WHAT YOU SHOULD DO:
Among the lines of data below, reproduce only those from the one with "terminal = false;" through the one with "type = network_namespace;", exactly as they stand, both ends included.

(Stored items)
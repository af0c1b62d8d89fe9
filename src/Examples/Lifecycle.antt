-- ===== src/Examples/Lifecycle.antt =====
-- Runs of the operations on a container, and of the loops that wait for it.
use lxcri.Base.{
  String, ◌≡◌, ◌≢◌, refl, true, false, [], ◌∷◌, ◌++◌, Error, Result, ok, err, is_ok, arith, ◌⊎◌,
  decimal, digit,
}
use lxcri.Base.Host.{Host, History, release}
use lxcri.Base.Calls.{Accepted}
use lxcri.Base.Int.{pos}
use lxcri.Base.FilePath.{join_path, clean}
use lxcri.Base.Poll.{poll, slept}
use lxcri.Oci.{ContainerState}
use lxcri.Container.{runtime_path}
use lxcri.Container.State.{
  container_state, state, get_container_init_state, cmdline_path, Shows, container_state_iff,
}
use lxcri.Container.Wait.{
  is_monitor_running, look_started, look_stopped, wait_created, wait_started, wait_monitor_stopped,
}
use lxcri.Container.Waits.{wait_created_reaches}
use lxcri.Cgroup.Events.{
  poll_cgroup_events, look_events, parse_cgroup_events, events_of, read_lines,
}
use lxcri.Cgroup.Kill.{kill_cgroup}
use lxcri.Cgroup.Delete.{delete_cgroup, delete_cgroup_recursive}
use lxcri.Hooks.Run.{started, paths}
use lxcri.Runtime.Lifecycle.{
  start, kill, delete, kill_members, spec_state, unblock, run_after, stop_for_delete, tear_down,
}
use lxcri.Runtime.Started.{hooks_after, fifo_calls, start_sound}
use lxcri.Runtime.Deletes.{IsTolerated, TornDown, kill_iff, delete_sound}
use lxcri.Examples.{sample, ended, some_container}

container_state_iff_example :
    (container_state ended [] ≡ ok ContainerState.stopped → Shows ended [] ContainerState.stopped)
    × (Shows ended [] ContainerState.stopped → container_state ended [] ≡ ok ContainerState.stopped)
container_state_iff_example = container_state_iff ended [] ContainerState.stopped

sample_created : container_state sample [] ≡ ok ContainerState.created
unfolding container_state state get_container_init_state cmdline_path decimal digit
sample_created = refl

wait_created_reaches_example : wait_created sample 7 1 [] ≡ (ok tt, slept 100 0 [])
unfolding is_monitor_running
wait_created_reaches_example =
    wait_created_reaches sample 7 0 1 [] (omega arith) (λ j lt. refl) (λ j lt. refl)
      (λ j lt. elim lt [ ]) refl sample_created

-- The init process has given way to the container process once the fifo was opened.
abbrev started_up : Host
started_up = record sample { read_file = λ w path. after w path }
  where
    after : History → String → Result String
    after [] path = sample.read_file [] path
    after (c ∷ w) path = ok "/bin/true"

start_sound_example :
    let w' = (start started_up some_container 3 []).1 in
    (container_state started_up [] ≡ ok ContainerState.created)
    × Accepted started_up [] (fifo_calls some_container)
    × (v : History) × (wait_started started_up 7 3 ([] ++ fifo_calls some_container) ≡ (ok tt, v))
    × (started w'
        ≡ started v ++ paths (hooks_after (λ hooks. hooks.poststart) some_container.spec.hooks))
unfolding start spec_state unblock run_after container_state state get_container_init_state
    cmdline_path wait_started look_started poll is_monitor_running decimal digit
start_sound_example =
    start_sound started_up some_container 3 [] (start started_up some_container 3 []).1 refl

kill_iff_example :
    let done =
      kill_cgroup sample "/sys/fs/cgroup" some_container.cgroup_dir (pos 7) (pos 15) 3 [] in
    ((container_state sample [] ≡ ok ContainerState.stopped)
        ⊎ ((e : Error) × (container_state sample [] ≡ err e))
      → (is_ok (kill sample "/sys/fs/cgroup" some_container (pos 15) 3 []).0 ≡ false)
        × ((kill sample "/sys/fs/cgroup" some_container (pos 15) 3 []).1 ≡ []))
    × ((s : ContainerState)
        → container_state sample [] ≡ ok s
        → s ≢ ContainerState.stopped
        → ((kill sample "/sys/fs/cgroup" some_container (pos 15) 3 []).1 ≡ done.1)
          × ((kill sample "/sys/fs/cgroup" some_container (pos 15) 3 []).0 ≡ ok tt
              → IsTolerated done.0)
          × (IsTolerated done.0
              → (kill sample "/sys/fs/cgroup" some_container (pos 15) 3 []).0 ≡ ok tt))
kill_iff_example = kill_iff sample "/sys/fs/cgroup" some_container (pos 15) 3 []

delete_sound_example :
    let w' = (delete ended "/sys/fs/cgroup" some_container false 3 []).1 in
    (s : ContainerState) × (u v : History) × (container_state ended [] ≡ ok s)
    × (((s ≡ ContainerState.stopped) × (u ≡ []))
        ⊎ ((false ≡ true)
            × (kill_members ended "/sys/fs/cgroup" some_container (pos 9) 3 [] ≡ (ok tt, u))))
    × TornDown ended "/sys/fs/cgroup" some_container 3 u v
    × (w' ≡ v ++ (release ∷ []))
unfolding delete container_state state stop_for_delete tear_down wait_monitor_stopped look_stopped
    poll is_monitor_running poll_cgroup_events look_events parse_cgroup_events events_of read_lines
    delete_cgroup delete_cgroup_recursive run_after runtime_path join_path clean
delete_sound_example =
    delete_sound ended "/sys/fs/cgroup" some_container 3 false []
      (delete ended "/sys/fs/cgroup" some_container false 3 []).1 refl
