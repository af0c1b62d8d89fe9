-- ===== src/Specki/NewSpec.antt =====
-- `NewSpec`, `NewSpecProcess` and `BindMount` of pkg/specki/specki.go. The version of the OCI
-- specification is a constant of the package of that specification.
use lxcri.Base.{
  String, ◌≡◌, ◌≢◌, refl, false, none, some, List, [], ◌∷◌, ◌++◌, ◌==◌, ok, All, inl, inr,
  Bool-cases, eq_iff,
}
use lxcri.Base.Host.{Host, History, set_config_item, IsCompliant}
use lxcri.Oci.{
  Spec, Linux, Process, Namespace, Mount, pid_namespace, mount_namespace, ipc_namespace,
  uts_namespace, cgroup_namespace, network_namespace,
}
use lxcri.Specki.Devices.{
  essential_devices, essential_devices_allow, allow_essential_devices, is_device_enabled,
  add_missing, same_device,
}
use lxcri.Runtime.Check.{check_config, check_spec, check_root, check_process, check_namespaces}
use lxcri.Namespaces.{
  configure_namespaces, get_namespace, is_namespace_shared_with_runtime, namespace_map,
}
use lxcri.Namespaces.Configure.{IsSupported, name_of, configure_namespaces_complete}

-- `NewSpecProcess`
unfoldable pub new_spec_process : String → List String → Process
new_spec_process cmd args = record {
  terminal = false;
  user = record { uid = 0; gid = 0; additional_gids = []; username = "" };
  args = cmd ∷ args;
  env = [];
  cwd = "/";
  capabilities = none;
  rlimits = [];
  no_new_privileges = false;
  apparmor_profile = "";
  oom_score_adj = none;
}

abbrev new_namespaces : List Namespace
new_namespaces =
    record { type = pid_namespace; path = "" }
    ∷ record { type = mount_namespace; path = "" }
    ∷ record { type = ipc_namespace; path = "" }
    ∷ record { type = uts_namespace; path = "" }
    ∷ record { type = cgroup_namespace; path = "" }
    ∷ record { type = network_namespace; path = "" }
    ∷ []

-- The Linux section that `NewSpec` makes
abbrev new_linux : Linux
new_linux = record {
  uid_mappings = [];
  gid_mappings = [];
  device_rules = some essential_devices_allow;
  pids_limit = none;
  cgroups_path = "";
  namespaces = new_namespaces;
  devices = essential_devices;
  rootfs_propagation = "";
  masked_paths = [];
  readonly_paths = [];
  seccomp = none;
  sysctl = [];
}

-- `NewSpec`
unfoldable pub new_spec : String → String → String → List String → Spec
new_spec version rootfs cmd args = record {
  version = version;
  process = some (new_spec_process cmd args);
  root = some (record { path = rootfs; readonly = false });
  hostname = "";
  mounts =
      record {
        destination = "/proc";
        type = "proc";
        source = "proc";
        options = "rw" ∷ "nosuid" ∷ "nodev" ∷ "noexec" ∷ "relatime" ∷ [];
      }
      ∷ record {
        destination = "/dev";
        type = "tmpfs";
        source = "tmpfs";
        options = "rw" ∷ "nosuid" ∷ "noexec" ∷ "relatime" ∷ "dev" ∷ [];
      }
      ∷ [];
  hooks = none;
  annotations = [];
  linux = some new_linux;
}

-- `BindMount`
unfoldable pub bind_mount : String → String → List String → Mount
bind_mount src dest opts = record {
  destination = dest;
  type = "bind";
  source = src;
  options = "bind" ∷ "nosuid" ∷ "nodev" ∷ "relatime" ∷ opts;
}

not_empty : (s : String) → s ≢ "" → (s == "") ≡ false
not_empty s n = elim (Bool-cases (s == "")) [ inl e ↦ absurd (n ((eq_iff s "").0 e)) | inr e ↦ e ]

new_namespaces-IsSupported : All IsSupported new_namespaces
unfolding namespace_map
new_namespaces-IsSupported =
    ((_, refl), ((_, refl), ((_, refl), ((_, refl), ((_, refl), ((_, refl), tt))))))

private_new : (h : Host) (w : History) → check_namespaces h new_namespaces w ≡ (ok tt, w)
unfolding check_namespaces get_namespace is_namespace_shared_with_runtime
private_new h w = refl

checked_new :
    (h : Host) (version rootfs cmd id : String) (args : List String) (w : History)
    → (rootfs == "") ≡ false
    → (id == "") ≡ false
    → check_config h id (new_spec version rootfs cmd args) w
      ≡ (ok (new_spec version rootfs cmd args), w)
unfolding check_config check_spec check_root check_process new_spec new_spec_process
checked_new h version rootfs cmd id args w root_given id_given =
    rw (id_given, check_config) (rw (root_given, private_new h w) refl)

-- A spec that `NewSpec` makes for a root path is accepted by `checkConfig` under any container ID, as
-- it is and on every host; it has a Linux section, for whose namespaces `configureNamespaces` asks for
-- six new ones and shares none, on a host that refuses no item; and to whose devices and rules
-- `AllowEssentialDevices` adds no device, only its own rules a second time.
pub new_spec_complete :
    (h : Host) (version rootfs cmd id : String) (args : List String) (w : History)
    → rootfs ≢ ""
    → id ≢ ""
    → IsCompliant h
    → (check_config h id (new_spec version rootfs cmd args) w
        ≡ (ok (new_spec version rootfs cmd args), w))
      × ((linux : Linux) × ((new_spec version rootfs cmd args).linux ≡ some linux)
          × (configure_namespaces h linux.namespaces w ≡ (
            ok tt,
            w ++ (set_config_item "lxc.namespace.clone" "pid mnt ipc uts cgroup net" ∷ []),
          ))
          × (allow_essential_devices linux.devices linux.device_rules
              ≡ ok (linux.devices, essential_devices_allow ++ essential_devices_allow)))
unfolding new_spec allow_essential_devices add_missing is_device_enabled same_device
    essential_devices namespace_map name_of
new_spec_complete h version rootfs cmd id args w root_given id_given quiet = (
  checked_new h version rootfs cmd id args w (not_empty rootfs root_given) (not_empty id id_given),
  (
    new_linux,
    refl,
    configure_namespaces_complete h new_namespaces w
        (refl, (refl, (refl, (refl, (refl, (refl, tt)))))) (new_namespaces-IsSupported) quiet,
    refl,
  ),
)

RESULT OF THIS TASK:
  terminal = false;
  user = record { uid = 0; gid = 0; additional_gids = []; username = "" };
  args = cmd ∷ args;
  env = [];
  cwd = "/";
  capabilities = none;
  rlimits = [];
  no_new_privileges = false;
  apparmor_profile = "";
  oom_score_adj = none;
}

abbrev new_namespaces : List Namespace
new_namespaces =
    record { type = pid_namespace; path = "" }
    ∷ record { type = mount_namespace; path = "" }
    ∷ record { type = ipc_namespace; path = "" }
    ∷ record { type = uts_namespace; path = "" }
    ∷ record { type = cgroup_namespace; path = "" }
    ∷ record { type = network_namespace; path = "" }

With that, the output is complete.